Police on the south-north highways tend to ask for vehicle papers one isn’t asked within the city. So on one occasion, I had handy only the papers I regularly used within the city; when I was asked for the rest of my papers I thought I forgot them at home. I informed the most senior officer on the team that I knew he was doing his job. Then I added that some of us were law-abiding citizens and we wouldn’t deliberately break the law. I urged him to look at the papers that I had and exercise his discretion under the circumstance. This officer and his subordinates smiled, exchanging banters with me and I was sure they were considering letting me continue with my journey. But when they turned to attend to another motorist I searched and found the rest of my papers. One of the officers took his time to arrange the papers, telling me how to present them to the police in the right sequence wherever I was asked.
What people won’t try when they travel abroad is what they justify in Nigeria. The culture of doing whatever we like has its effects and it should concern well-meaning Nigerians. I meet people who do the wrong thing and dismissively justify it. I find the shock of this disposition indescribable and it makes me state things as they are. If stating things as they are is “painful” for some then they get an idea of how I feel when I see people’s dismissive attitude toward doing what is right. In government offices and private institutions, everyone compromises the system. Yet they’re the loudest in criticising ‘government’, accusing ‘the other tribe’ for what is wrong with Nigeria.
I’m aware of a private university where the Vice-Chancellor personally invites people to apply for vacant positions. No public advertisements. No internal memo. He makes a list of the people he has invited, gets them to go through a perfunctory interview, and gives them jobs. The employees tend to be from the state he comes from. If any other person applies, including current employees who have higher academic qualifications and want a change of cadre, he questions how the person gets to know about the call for application. The person wouldn’t get the job.
I understand this is how most of the VCs who have presided over this private institution operates. Meanwhile, members of their own tribes in other institutions complain that they’re denied what they’re entitled to. They make the most noise in the media space about people of other tribes in management positions whom they say oppress, marginalise and persecute them.

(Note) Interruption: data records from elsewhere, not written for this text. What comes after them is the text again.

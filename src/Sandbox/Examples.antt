-- ===== src/Sandbox/Examples.antt =====
-- A write that climbs out of the workspace (rust/crates/vocoderd/src/machines/sandbox.rs).
use dsh_rs.Base.{◌≡◌, ◌↔◌, ◌⊎◌, refl, none, some}
use dsh_rs.Base.Text.{split, join}
use dsh_rs.Sandbox.{Mode, fence, check, allows, writable_roots_for}
use dsh_rs.Sandbox.Roots.{sort, dedup}
use dsh_rs.Sandbox.Fencing.{Writable, check_lem}
use dsh_rs.Sandbox.Paths.{components, resolve, component_eq, is_prefix}

-- A directory whose name only begins like the workspace's is outside.
neighbour :
    check "/var/tmp" (fence Mode.workspace_write "/work/app") "/work/app2/x" "x"
    ≡ some (record {
      mode = Mode.workspace_write;
      path = "x";
      reason =
          "it is outside the writable roots (/tmp, /var/tmp, /work/app), and no wider mode is available on this host";
    })
unfolding allows writable_roots_for sort dedup components split resolve component_eq is_prefix join
neighbour = refl

check_lem_example :
    (check "/var/tmp" (fence Mode.workspace_write "/work/app") "/work/app/../app/src/x.rs" "x.rs"
      ≡ none)
    ↔ ((Mode.workspace_write ≡ Mode.danger_full_access)
        ⊎ ((Mode.workspace_write ≡ Mode.workspace_write)
            × Writable "/var/tmp" "/work/app" "/work/app/../app/src/x.rs"))
check_lem_example =
    check_lem "/var/tmp" "/work/app" "/work/app/../app/src/x.rs" "x.rs" Mode.workspace_write refl
      refl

We know though that everyone plays the same game wherever they have the opportunity. This culture of when I do what’s wrong it’s fine, but when others do the same thing it’s wrong, is pervasive. Shouldn’t those who criticize others, particularly in the media, be the ones most careful to do what is right? Not in Nigeria. It’s good the Arise TV journalist paid the statutory fine and apologised. Whether or not all of us would do only what is right and thus change a negative culture that harms Nigeria is a different matter.